= YOUR GOAL =
Every line below that carries the word "refused" needs to be copied.

[Collected data]
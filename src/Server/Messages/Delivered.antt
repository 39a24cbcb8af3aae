-- ===== src/Server/Messages/Delivered.antt =====
-- What a text message leaves.
pub mod Shown
use lanxfer.Base.{
  ℕ, ◌≤◌, ◌≡◌, ◌≢◌, ◌⊎◌, refl, sym, ap, subst, ◌∙◌, inl, inr, Bool, true, false, [], ◌∷◌, ◌++◌,
  none, some, Text, arith, Bool-cases, Option-cases, append-nil, Result, ok, err, length, ◌==◌,
}
use lanxfer.Netaddr.{AddrPort, unmap}
use lanxfer.History.{Entry, AppendError, append, version}
use lanxfer.Server.Terminal.{format_message}
use lanxfer.Server.Requests.{
  Config, Env, World, Request, Response, only, Limited, limit_read, SenderInfo, sender_of, notify,
}
use lanxfer.Server.Requests.Reports.{Reported, is_sighted, observe_sender-Reported}
use lanxfer.Server.Uploads.Outcome.{limit_read_lem}
use lanxfer.Server.Messages.{
  max_message_size, message_entry, shown, store, told, deliver, answered, handle_text,
  handle_message,
}
use lanxfer.Server.Messages.Delivered.Shown.{
  StoreOutcome, store-StoreOutcome, told-StoreOutcome, MessageOutcome,
}

refused :
    (utf8_valid : Text → Bool) (cfg : Config) (env : Env) (r : Request) (w : World) (status : ℕ)
    → status ≢ 204
    → MessageOutcome utf8_valid cfg env r w (only status, w)
refused utf8_valid cfg env r w status other = inr (
  other,
  record { same_dir = refl; same_printed = refl; same_notices = refl; same_sightings = refl },
  λ h. refl,
)

answered-MessageOutcome :
    (utf8_valid : Text → Bool) (cfg : Config) (env : Env) (r : Request) (w : World)
    (remote : AddrPort) (res : Bool × World)
    → env.net.parse_addr_port r.remote_addr ≡ some remote
    → (length r.body ≢ 0)
      × (length r.body ≤ max_message_size)
      × (r.body_ok ≡ true)
      × (utf8_valid r.body ≡ true)
    → StoreOutcome cfg.inbox_records cfg.has_notify env
        (message_entry env
          (sender_of env.net r).name
          (sender_of env.net r).id
          (unmap remote.addr)
          r.body)
        (sender_of env.net r)
        (format_message
          (env.show_time env.now)
          (sender_of env.net r).name
          (env.net.show (unmap remote.addr))
          r.body)
        w
        res
    → MessageOutcome utf8_valid cfg env r w (answered cfg (sender_of env.net r) res)
unfolding answered
answered-MessageOutcome utf8_valid cfg env r w remote (false, mid) from fit h =
    inr (ground arith, h, λ k. absurd (k refl))
answered-MessageOutcome utf8_valid cfg env r w remote (true, mid) from
      (some_text, fits, ended, valid) (kept, h) =
    inl (
      remote,
      refl,
      from,
      some_text,
      fits,
      ended,
      valid,
      (
        kept,
        observe_sender-Reported cfg.inbox_records cfg.has_notify cfg env _ (sender_of env.net r) _
            mid h,
      ),
    )

delivered-MessageOutcome :
    (utf8_valid : Text → Bool) (cfg : Config) (env : Env) (r : Request) (w : World)
    (remote : AddrPort)
    → env.net.parse_addr_port r.remote_addr ≡ some remote
    → (length r.body ≢ 0)
      × (length r.body ≤ max_message_size)
      × (r.body_ok ≡ true)
      × (utf8_valid r.body ≡ true)
    → MessageOutcome utf8_valid cfg env r w (
        answered cfg (sender_of env.net r) (
          deliver cfg env
            (sender_of env.net r).name
            (sender_of env.net r).id
            (unmap remote.addr)
            r.body
            w))
unfolding deliver
delivered-MessageOutcome utf8_valid cfg env r w remote e fit =
    answered-MessageOutcome utf8_valid cfg env r w remote _ e fit (
      told-StoreOutcome cfg cfg.inbox_records env _ (sender_of env.net r) _ w _
        (store-StoreOutcome cfg.inbox_records env _ (sender_of env.net r) _ w))

module _ (utf8_valid : Text → Bool) (cfg : Config) (env : Env) (r : Request) (got : Limited)
    (w : World) (c : got.complete ≡ true) (n : length got.bytes == 0 ≡ false)
    (v : utf8_valid got.bytes ≡ true) where
  handle_text_unaddressed :
      env.net.parse_addr_port r.remote_addr ≡ none
      → handle_text utf8_valid cfg env r got w ≡ (only 500, w)
  unfolding handle_text
  handle_text_unaddressed e = rw (c, n, v, e, handle_text) refl

  handle_text_valid :
      (remote : AddrPort)
      → env.net.parse_addr_port r.remote_addr ≡ some remote
      → handle_text utf8_valid cfg env r got w
        ≡ answered cfg (sender_of env.net r) (
            deliver cfg env
              (sender_of env.net r).name
              (sender_of env.net r).id
              (unmap remote.addr)
              got.bytes
              w)
  unfolding handle_text
  handle_text_valid remote e = rw (c, n, v, e, handle_text) refl

-- POST /messages: 204 (No Content) is answered exactly for a message that is shown. Then the body
-- was complete, not empty, within 1 MiB and valid UTF-8, and the sender's address could be read; the
-- message was recorded where there is a history, one block is printed after the earlier ones, and
-- the entry goes to the callback and the sender to the list of peers, as configured. Any other
-- answer shows and reports nothing, and only with 500 may the history file have changed.
pub handle_message-MessageOutcome :
    (utf8_valid : Text → Bool) (cfg : Config) (env : Env) (r : Request) (w : World)
    → MessageOutcome utf8_valid cfg env r w (handle_message utf8_valid cfg env r w)
unfolding handle_message handle_text
handle_message-MessageOutcome utf8_valid cfg env r w =
    let got = limit_read max_message_size r.body r.body_ok in
    elim (Bool-cases got.complete) [
      | inr c ↦ elim (Bool-cases got.over) [
        | inl o ↦ rw (c, o) (refused utf8_valid cfg env r w 413 (ground arith))
        | inr o ↦ rw (c, o) (refused utf8_valid cfg env r w 400 (ground arith))
      ]
      | inl c ↦
          let (same, fits, ended) = limit_read_lem max_message_size r.body r.body_ok c in
          elim (Bool-cases (length got.bytes == 0)) [
            | inl n ↦ rw (c, n) (refused utf8_valid cfg env r w 400 (ground arith))
            | inr n ↦ elim (Bool-cases (utf8_valid got.bytes)) [
              | inr v ↦ rw (c, n, v) (refused utf8_valid cfg env r w 400 (ground arith))
              | inl v ↦ elim (Option-cases (env.net.parse_addr_port r.remote_addr)) [
                | inl e ↦
                    subst (MessageOutcome utf8_valid cfg env r w)
                      (sym (handle_text_unaddressed utf8_valid cfg env r got w c n v e))
                      (refused utf8_valid cfg env r w 500 (ground arith))
                | inr (remote, e) ↦
                    subst (MessageOutcome utf8_valid cfg env r w)
                      (sym (
                        handle_text_valid utf8_valid cfg env r got w c n v remote e
                        ∙ ap
                            (λ b. answered cfg (sender_of env.net r) (
                              deliver cfg env (sender_of env.net r).name (sender_of env.net r).id
                                (unmap remote.addr) b w))
                            same))
                      (delivered-MessageOutcome utf8_valid cfg env r w remote e
                        (ground (arith, n, same), fits, ended, ap utf8_valid (sym same) ∙ v))
              ]
            ]
          ]
    ]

= EXERCISE RESULT =
refused :
refused utf8_valid cfg env r w status other = inr (
        | inl o ↦ rw (c, o) (refused utf8_valid cfg env r w 413 (ground arith))
        | inr o ↦ rw (c, o) (refused utf8_valid cfg env r w 400 (ground arith))
            | inl n ↦ rw (c, n) (refused utf8_valid cfg env r w 400 (ground arith))
              | inr v ↦ rw (c, n, v) (refused utf8_valid cfg env r w 400 (ground arith))
                      (refused utf8_valid cfg env r w 500 (ground arith))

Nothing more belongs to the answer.